══ Data ══
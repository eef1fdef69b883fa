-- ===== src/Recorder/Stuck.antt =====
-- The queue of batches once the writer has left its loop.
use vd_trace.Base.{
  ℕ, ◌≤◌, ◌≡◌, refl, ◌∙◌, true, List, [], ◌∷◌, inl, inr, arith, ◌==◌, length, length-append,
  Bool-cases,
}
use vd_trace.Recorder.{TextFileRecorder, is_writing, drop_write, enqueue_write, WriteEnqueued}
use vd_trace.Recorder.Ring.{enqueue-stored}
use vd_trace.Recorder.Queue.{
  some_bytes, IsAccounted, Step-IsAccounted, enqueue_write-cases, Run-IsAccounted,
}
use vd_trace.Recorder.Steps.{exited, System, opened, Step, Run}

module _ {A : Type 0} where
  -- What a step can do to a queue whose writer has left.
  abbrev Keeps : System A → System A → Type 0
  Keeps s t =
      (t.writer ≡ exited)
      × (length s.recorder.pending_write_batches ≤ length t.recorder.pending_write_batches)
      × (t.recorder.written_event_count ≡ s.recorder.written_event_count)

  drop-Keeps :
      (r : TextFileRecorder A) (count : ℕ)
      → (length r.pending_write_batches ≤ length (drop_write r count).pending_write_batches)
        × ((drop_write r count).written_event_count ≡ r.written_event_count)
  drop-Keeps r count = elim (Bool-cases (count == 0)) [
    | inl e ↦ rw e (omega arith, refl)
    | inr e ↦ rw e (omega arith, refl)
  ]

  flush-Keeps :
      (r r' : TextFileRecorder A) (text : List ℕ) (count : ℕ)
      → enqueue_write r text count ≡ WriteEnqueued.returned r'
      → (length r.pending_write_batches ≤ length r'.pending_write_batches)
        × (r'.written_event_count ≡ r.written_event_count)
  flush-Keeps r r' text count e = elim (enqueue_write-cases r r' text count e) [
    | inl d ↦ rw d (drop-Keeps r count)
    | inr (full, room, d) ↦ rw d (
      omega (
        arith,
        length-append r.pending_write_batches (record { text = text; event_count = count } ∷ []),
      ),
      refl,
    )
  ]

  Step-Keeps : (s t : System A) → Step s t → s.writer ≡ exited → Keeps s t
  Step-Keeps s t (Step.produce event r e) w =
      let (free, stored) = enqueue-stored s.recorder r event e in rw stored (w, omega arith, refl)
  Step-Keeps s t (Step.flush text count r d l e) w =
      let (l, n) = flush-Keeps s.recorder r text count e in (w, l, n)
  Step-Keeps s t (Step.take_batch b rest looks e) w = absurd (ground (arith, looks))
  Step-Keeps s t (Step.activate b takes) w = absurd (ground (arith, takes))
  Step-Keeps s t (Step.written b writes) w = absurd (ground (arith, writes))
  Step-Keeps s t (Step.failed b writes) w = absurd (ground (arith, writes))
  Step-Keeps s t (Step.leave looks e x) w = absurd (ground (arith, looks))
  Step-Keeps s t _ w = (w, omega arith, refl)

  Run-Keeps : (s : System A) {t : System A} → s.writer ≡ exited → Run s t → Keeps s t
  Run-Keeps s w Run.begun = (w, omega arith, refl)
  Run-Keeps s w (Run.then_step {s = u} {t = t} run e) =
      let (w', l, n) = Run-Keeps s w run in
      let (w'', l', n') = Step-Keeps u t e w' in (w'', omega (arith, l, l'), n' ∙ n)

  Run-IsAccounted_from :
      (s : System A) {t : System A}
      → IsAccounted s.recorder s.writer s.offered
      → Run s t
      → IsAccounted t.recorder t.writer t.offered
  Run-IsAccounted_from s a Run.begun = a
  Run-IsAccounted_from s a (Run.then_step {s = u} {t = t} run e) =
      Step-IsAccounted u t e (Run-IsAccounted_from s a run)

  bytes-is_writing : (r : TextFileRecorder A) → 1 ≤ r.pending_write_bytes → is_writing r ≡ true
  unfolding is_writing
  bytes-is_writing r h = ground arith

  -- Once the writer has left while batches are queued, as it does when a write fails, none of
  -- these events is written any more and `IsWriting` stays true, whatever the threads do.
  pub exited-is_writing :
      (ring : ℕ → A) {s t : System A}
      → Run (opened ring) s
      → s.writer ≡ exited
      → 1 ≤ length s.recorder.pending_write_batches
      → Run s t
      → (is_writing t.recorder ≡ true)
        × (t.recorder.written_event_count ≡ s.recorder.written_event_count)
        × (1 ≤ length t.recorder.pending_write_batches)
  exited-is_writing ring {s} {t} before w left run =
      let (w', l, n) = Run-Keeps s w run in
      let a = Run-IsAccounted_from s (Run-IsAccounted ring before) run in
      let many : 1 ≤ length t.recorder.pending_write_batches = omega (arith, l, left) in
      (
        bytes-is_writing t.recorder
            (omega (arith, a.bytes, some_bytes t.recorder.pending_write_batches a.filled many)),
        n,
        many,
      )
═══
_The problem_. Read the data above and pull out each line that holds the string "ground".

_Output for this exercise_.
  Step-Keeps s t (Step.take_batch b rest looks e) w = absurd (ground (arith, looks))
  Step-Keeps s t (Step.activate b takes) w = absurd (ground (arith, takes))
  Step-Keeps s t (Step.written b writes) w = absurd (ground (arith, writes))
  Step-Keeps s t (Step.failed b writes) w = absurd (ground (arith, writes))
  Step-Keeps s t (Step.leave looks e x) w = absurd (ground (arith, looks))
  bytes-is_writing r h = ground arith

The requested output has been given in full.